While Hart's Concept of Law is regarded as the leading statement of legal positivism in the English-speaking world,[55] in civil law jurisdictions, particularly those in Continental Europe, the Pure Theory of Law of the Austrian jurist Hans Kelsen is held in similarly high regard.[56] Kelsen's views were influenced by the philosopher Immanuel Kant.[56] His theory describes law as "binding norms" while simultaneously refusing to evaluate those norms. That is, "legal science" is to be separated from "legal politics". Central to the Pure Theory of Law is the notion of a 'basic norm' (Grundnorm)—a hypothetical norm, presupposed by the jurist, from which all "lower" norms in the hierarchy of a legal system, beginning with constitutional law, are understood to derive their authority or the extent to which they are binding. Kelsen contends that the extent to which legal norms are binding—their specifically "legal" character—can be understood without ultimately tracing it to some suprahuman source such as God, personified Nature, or—of great importance in his time—a personified State or Nation.
Contemporary positivists, following Hart, include Joseph Raz, Jules Coleman, Scott Shapiro, and Neil MacCormick.[57]

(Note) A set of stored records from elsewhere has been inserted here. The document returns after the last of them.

-- ===== src/Users/Deletion.antt =====
-- `deleteAccount` of src/modules/users/users.service.ts. The DELETE of a user takes the rows with it
-- that the foreign keys of src/database/schema cascade to, and clears the references that are set null.
use ecotrack_api.Common.{
  Bool, List, Option, any, count_where, delete_where, false, if◌then◌else◌, is_value, ltb, map,
  none, not, select, some, update_where, ℕ, ◌&&◌, ◌==◌, ◌||◌,
}
use ecotrack_api.Db.{
  AuditLogRow, Db, EventRow, EventRsvpRow, IncidentRow, InvitationRow, InviteLinkRow,
  JoinRequestRow, NotificationRow, Request, TaskAssignmentRow, TaskNoteRow, TaskPhotoRow, TaskRow,
  TaskStatus, UserRow, conflict, execute, for_each, is_active, is_completed, is_org_admin, is_over,
  query, throw_if, when, when_some, ◌>>=◌, ◌>>◌,
}
use ecotrack_api.Events.{event_by_id, is_rsvp}
use ecotrack_api.Events.Attendance.{count_down}
use ecotrack_api.Tasks.Assignment.{cancel_row, has_assignment_id, is_own}
use ecotrack_api.Users.{find_user, is_user}

-- DELETED_USER_SENTINEL_ID, the uuid of zeros.
abbrev pub deleted_user_sentinel_id : ℕ
deleted_user_sentinel_id = 0

abbrev pub is_other_admin : ℕ → ℕ → UserRow → Bool
is_other_admin organisation_id user_id u =
    is_value u.organisation_id organisation_id
    && is_org_admin u.role
    && u.is_active
    && not (u.id == user_id)

-- The organisation that the user is an admin of.
abbrev pub administered : UserRow → Option ℕ
administered u = if is_org_admin u.role then u.organisation_id else none

unfoldable pub assert_not_last_admin : ℕ → ℕ → Request (Unit {0})
assert_not_last_admin user_id organisation_id = do
  remaining ← query λ db. count_where (is_other_admin organisation_id user_id) db.users
  throw_if (remaining == 0) (conflict "You are the last admin of an active organisation")

abbrev pub works_for : ℕ → TaskAssignmentRow → Bool
works_for user_id a = a.volunteer_user_id == user_id

abbrev pub sentinel_row : ℕ → TaskAssignmentRow → TaskAssignmentRow
sentinel_row now a = record a { volunteer_user_id = deleted_user_sentinel_id; updated_at = now }

-- The row-level security of the tenant's tables (migration 0003): a request sees, reads and writes
-- the rows of its user's organisation, and a platform admin's those of all.
abbrev pub sees : UserRow → ℕ → Bool
sees u organisation_id = u.is_platform_admin || is_value u.organisation_id organisation_id

abbrev pub seen_of : (ℕ → Bool) → ℕ → TaskAssignmentRow → Bool
seen_of visible user_id a = visible a.organisation_id && works_for user_id a

abbrev pub seen_own : (ℕ → Bool) → ℕ → ℕ → TaskAssignmentRow → Bool
seen_own visible task_id user_id a = visible a.organisation_id && is_own task_id user_id a

-- UPDATE … WHERE volunteer_user_id = … AND NOT EXISTS (the sentinel's row on the task)
abbrev pub is_repointed : (ℕ → Bool) → ℕ → List TaskAssignmentRow → TaskAssignmentRow → Bool
is_repointed visible user_id rows a =
    seen_of visible user_id a
    && not (any (seen_own visible a.task_id deleted_user_sentinel_id) rows)

unfoldable pub repoint : (ℕ → Bool) → ℕ → ℕ → List TaskAssignmentRow → List TaskAssignmentRow
repoint visible now user_id rows =
    update_where (is_repointed visible user_id rows) (sentinel_row now) rows

abbrev pub is_unfinished : (ℕ → Bool) → ℕ → TaskRow → Bool
is_unfinished visible task_id t =
    visible t.organisation_id && t.id == task_id && not (is_completed t.status)

abbrev pub pending_row : ℕ → TaskRow → TaskRow
pending_row now t = record t { status = TaskStatus.pending; started_at = none; updated_at = now }

abbrev pub seen_assignment : (ℕ → Bool) → ℕ → TaskAssignmentRow → Bool
seen_assignment visible id a = visible a.organisation_id && has_assignment_id id a

-- The body of the loop over the sentinel's active assignments.
abbrev pub give_back : (ℕ → Bool) → TaskAssignmentRow → Request (Unit {0})
give_back visible a = do
  execute λ db. record db {
    task_assignments =
        update_where (seen_assignment visible a.id) (cancel_row db.clock) db.task_assignments;
  }
  execute λ db. record db {
    tasks = update_where (is_unfinished visible a.task_id) (pending_row db.clock) db.tasks;
  }

abbrev pub is_current_of : (ℕ → Bool) → ℕ → TaskAssignmentRow → Bool
is_current_of visible user_id a = seen_of visible user_id a && is_active a.status

unfoldable pub reassign_task_assignments : (ℕ → Bool) → ℕ → Request (Unit {0})
reassign_task_assignments visible user_id = do
  execute
      λ db. record db { task_assignments = repoint visible db.clock user_id db.task_assignments }
  execute λ db. record db {
    task_assignments = delete_where (seen_of visible user_id) db.task_assignments;
  }
  active ← query λ db. select (is_current_of visible deleted_user_sentinel_id) db.task_assignments
  for_each active (give_back visible)

-- `event && (event.status === 'completed' || event.status === 'cancelled')`
abbrev pub has_run : Option EventRow → Bool
has_run none = false
has_run (some e) = is_over e.status

abbrev pub is_counted : ℕ → EventRow → Bool
is_counted event_id e = e.id == event_id && ltb 0 e.rsvp_count

abbrev pub rsvp_of : ℕ → ℕ → EventRsvpRow → Bool
rsvp_of organisation_id user_id r = r.organisation_id == organisation_id && r.user_id == user_id

-- The DELETE and the UPDATE of the counter for one RSVP.
abbrev pub delete_rsvp : ℕ → ℕ → Request (Unit {0})
delete_rsvp event_id user_id =
    execute λ db. record db { event_rsvps = delete_where (is_rsvp event_id user_id) db.event_rsvps }

abbrev pub uncount : ℕ → Request (Unit {0})
uncount event_id =
    execute λ db. record db {
      events = update_where (is_counted event_id) (count_down db.clock) db.events;
    }

unfoldable pub withdraw : ℕ → EventRsvpRow → Request (Unit {0})
withdraw user_id r = do
  event ← query (event_by_id r.event_id)
  delete_rsvp r.event_id user_id
  when (not (has_run event)) (uncount r.event_id)

unfoldable pub withdraw_future_rsvps : ℕ → ℕ → Request (Unit {0})
withdraw_future_rsvps organisation_id user_id = do
  rsvps ← query λ db. select (rsvp_of organisation_id user_id) db.event_rsvps
  for_each rsvps (withdraw user_id)

-- ON DELETE SET NULL
abbrev pub cleared : ℕ → Option ℕ → Option ℕ
cleared user_id reference = if is_value reference user_id then none else reference

unfoldable pub erase_user : ℕ → Db → Db
erase_user id db = record db {
  users = delete_where (is_user id) db.users;
  task_assignments = delete_where (works_for id) db.task_assignments;
  event_rsvps = delete_where (λ (r : EventRsvpRow). r.user_id == id) db.event_rsvps;
  join_requests = delete_where (λ (j : JoinRequestRow). j.user_id == id) db.join_requests;
  notifications = delete_where (λ (n : NotificationRow). n.user_id == id) db.notifications;
  incidents =
      map
        (λ (i : IncidentRow). record i {
          reported_by_user_id = cleared id i.reported_by_user_id;
          claimed_by_user_id = cleared id i.claimed_by_user_id;
        })
        db.incidents;
  tasks =
      map (λ (t : TaskRow). record t { created_by_user_id = cleared id t.created_by_user_id })
        db.tasks;
  task_notes =
      map (λ (n : TaskNoteRow). record n { author_user_id = cleared id n.author_user_id })
        db.task_notes;
  task_photos =
      map
        (λ (p : TaskPhotoRow). record p { uploaded_by_user_id = cleared id p.uploaded_by_user_id })
        db.task_photos;
  events =
      map (λ (e : EventRow). record e { created_by_user_id = cleared id e.created_by_user_id })
        db.events;
  invite_links =
      map (λ (l : InviteLinkRow). record l { created_by_user_id = cleared id l.created_by_user_id })
        db.invite_links;
  invitations =
      map (λ (i : InvitationRow). record i { invited_by_user_id = cleared id i.invited_by_user_id })
        db.invitations;
  audit_logs =
      map (λ (a : AuditLogRow). record a { acting_user_id = cleared id a.acting_user_id })
        db.audit_logs;
}

-- The tenant's rows first, where the user is a member.
abbrev pub leave_organisation : (ℕ → Bool) → ℕ → ℕ → Request (Unit {0})
leave_organisation visible user_id organisation_id = do
  reassign_task_assignments visible user_id
  withdraw_future_rsvps organisation_id user_id

unfoldable pub delete_found : UserRow → Request (Unit {0})
delete_found u = do
  when_some (administered u) (assert_not_last_admin u.id)
  when_some u.organisation_id (leave_organisation (sees u) u.id)
  execute (erase_user u.id)

unfoldable pub delete_account : ℕ → Request (Unit {0})
delete_account user_id = do found ← find_user user_id; when_some found delete_found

Non-positivistic analytical theories
Hart's Concept of Law was criticised by the secular natural law theorist Lon Fuller and the American constitutional scholar Ronald Dworkin, leading to the Hart-Fuller and Hart-Dworkin debates. Other contemporary non-positivist scholars of analytical jurisprudence include the critical legal scholars Duncan Kennedy and Roberto Unger.[57][58]
Legal interpretivism
American legal philosopher Ronald Dworkin's legal theory challenges legal positivists who separate the content of law from morality.[59] In his book Law's Empire,[60] Dworkin argued that law is an "interpretive" concept that requires barristers to find the best-fitting and most just solution to a legal dispute, given their constitutional traditions. According to him, law is not entirely based on social facts, but includes the best moral justification for the institutional facts and practices that form a society's legal tradition. It follows from Dworkin's view that one cannot know whether a society has a legal system in force, or what any of its laws are, until one knows some truths about the moral justifications of the social and political practices of that society. It is consistent with Dworkin's view—in contrast with the views of legal positivists or legal realists—that no-one in a society may know what its laws are, because no-one may know the best moral justification for its practices.
Interpretation, according to Dworkin's "integrity theory of law", has two dimensions. To count as an interpretation, the reading of a text must meet the criterion of "fit". Of those interpretations that fit, however, Dworkin maintains that the correct interpretation is the one that portrays the community's practices in the best light, or makes them "the best that they can be". But many writers have doubted whether there is a single best moral justification for the complex practices of any given community, and others have doubted whether, even if there is, it should be counted as part of the law of that community.
Legal realism
Whereas legal positivism became the most dominant approach toward legal philosophy in much of the world,[49] legal realism gained prominence in United States law schools during the twentieth century,[61] with legal scholars increasingly specialising in non-legal methods.[15] Unlike the positivists, legal realists do not seek to apply conceptual analysis to the law but view legal theory as relating to a predictive system that describes the behavior of judges.[62][63] Prominent figures in the legal realist movement include Brian Leiter,[62] Oliver Wendell Holmes,[63][64] and Karl Llewellyn.[65][61]
Separately, the Scandinavian school of legal realism argued that law can be explained through the empirical methods used by social scientists.[66] Prominent Scandinavian legal realists are Alf Ross, Axel Hägerström, and Karl Olivecrona. Scandinavian legal realists also took a naturalist approach to law.[67]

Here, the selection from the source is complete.